Путешествуя как-то по интернету в поисках новинок актуального искусства, Ферета вдруг заметила, что смеется. Обычно она пускалась в такое плавание по Сети для развлечения, а иногда из любопытства. Но сейчас она вдруг почувствовала нечто иное. Перед ней неожиданно открылась невероятная возможность. Самые разные полотна самых разных художников можно было легко наполнить новым содержанием (она поняла это благодаря игре в «пустой язык»). Два-три профессиональных штриха или мазка — и пейзажи, портреты, марины часто неизвестных ей живописцев могли буквально преобразиться.

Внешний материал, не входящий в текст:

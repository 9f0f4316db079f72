-- ===== src/Actions/Calls/Tenants.antt =====
-- Tenants are kept apart.
use Prim.Native.String.{◌++◌ as append}
use agents_reality_layer.Prelude.{string_eq, String, some, ◌≡◌, ◌≢◌, refl, ◌∙◌, ==_iff, arith}
use agents_reality_layer.Dict
use agents_reality_layer.Json.{Platform, Object}
use agents_reality_layer.Errors.{ok}
use agents_reality_layer.Actions.Models.{ActionStatus, provider_accepted}
use agents_reality_layer.Actions.Audit.Append.{events_of-append_event}
use agents_reality_layer.Actions.Service.{
  StoredAction, ActionService, owned_action, events_of, append_event, set_status,
}
use agents_reality_layer.Actions.Service.Lifecycle.{propose_new}
use agents_reality_layer.Actions.Calls.{
  Call, System, Provider, step, IsFresh, tenant_of, Effect, same, moved, accepted, noted, created,
}
use agents_reality_layer.Actions.Calls.Effects.{step-Effect}
use agents_reality_layer.Actions.Calls.Owned.{
  owned_action_found, get-set_status, get-propose_new_ne, actions-append_event,
}

-- The action and its events are as they were.
abbrev pub Untouched : ActionService → ActionService → String → StoredAction → Type 0
Untouched s s' j a = (Dict.get s'.actions j ≡ some a) × (events_of s' j ≡ events_of s j)

-- an event of one action is no event of another
other_events :
    (py : Platform) (s : ActionService) (t i event_type role : String) (payload : Object)
    (hex j : String)
    → i ≢ j
    → events_of (append_event py s t i event_type role payload hex) j ≡ events_of s j
other_events py s t i event_type role payload hex j n =
    ground (arith, events_of-append_event py s t i event_type role payload hex j, ==_iff i j)

module _ (s : ActionService) (t : String) (j : String) (a : StoredAction)
    (g : Dict.get s.actions j ≡ some a) (foreign : a.tenant_id ≢ t) where
  other_action : (i : String) {action : StoredAction} → owned_action s i t ≡ ok action → i ≢ j
  other_action i h = λ p. ground (arith, owned_action_found s i t h)

  unwritten :
      (i : String) (action : StoredAction) (status : ActionStatus) (reason : String)
      → owned_action s i t ≡ ok action
      → Dict.get (set_status s i action status reason).actions j ≡ some a
  unwritten i action status reason h =
      ground
        (arith, get-set_status s i action status reason j, ==_iff i j, owned_action_found s i t h)

  log_kept :
      (py : Platform) (s' : ActionService) (i event_type role : String) (payload : Object)
      (hex : String)
      → i ≢ j
      → events_of s' j ≡ events_of s j
      → events_of (append_event py s' t i event_type role payload hex) j ≡ events_of s j
  log_kept py s' i event_type role payload hex n e =
      other_events py s' t i event_type role payload hex j n ∙ e

  Effect-Untouched :
      {py : Platform} {hex : String} {s' : ActionService}
      → Effect py s t hex s'
      → Untouched s s' j a
  unfolding set_status propose_new
  Effect-Untouched same = (g, refl)
  Effect-Untouched {py} {hex} (moved i action status reason event_type role payload h e _) = (
    rw actions-append_event (unwritten i action status reason h),
    log_kept py _ i event_type role payload hex (other_action i h) refl,
  )
  Effect-Untouched {py} {hex} (accepted i action receipt h e _) = (
    rw actions-append_event (unwritten i action provider_accepted "Provider accepted write." h),
    log_kept py _ i _ _ _ hex (other_action i h) refl,
  )
  Effect-Untouched {py} {hex} (noted i action payload h e) =
      (rw actions-append_event g, log_kept py _ i _ _ payload hex (other_action i h) refl)
  Effect-Untouched {py} (created proposal role context fresh new k _) = (
    get-propose_new_ne py s proposal role t context fresh j new g,
    log_kept py _ (append "act_" fresh.action_hex) _ _ _ _ (λ p. ground arith) refl,
  )

module _ {W : Type 0} (py : Platform) (provider : Provider W) where
  -- A call for one tenant leaves the actions of the others as they were, and their events too,
  -- whatever the call is; a new id is assumed not to be in use.
  pub step-Untouched :
      (y : System W) (c : Call) (j : String) {a : StoredAction}
      → IsFresh y.service c
      → Dict.get y.service.actions j ≡ some a
      → a.tenant_id ≢ tenant_of c
      → Untouched y.service (step py provider y c).service j a
  step-Untouched y c j {a} new g foreign =
      Effect-Untouched y.service (tenant_of c) j a g foreign
        (step-Effect py y.service provider y.world c new)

Стать бобами в стручке. Получить возможность взлететь. Она видела, знала, как этого добиться, даже могла представить такие слегка измененные, улучшенные, наконец-то по-настоящему прекрасные полотна собранными в галерее современной живописи. Поэтому она и засмеялась.
Такие «подправленные», как она их называла, картины все больше занимали ее воображение. Наконец она увеличила одну из них — это был вид на залив Балтийского моря работы какого-то бельгийца — и воспроизвела сначала в виде открытки десять на восемь сантиметров. Открытка стала для нее чем-то вроде эскиза. Потом картину в ее натуральную величину, метр на восемьдесят сантиметров, она с помощью проектора перенесла на холст такого же размера и поместила на свой мольберт. После этого к основе, которой служил оригинал, она добавила свои исправления, если это можно так назвать. Когда Филипп спросил ее, чем она занимается, она ответила, что пока не знает, и переселила свой мольберт в маленькую комнату возле лестницы. «Я же тебя ни о чем не спрашиваю, когда ты работаешь», — бросила она мужу.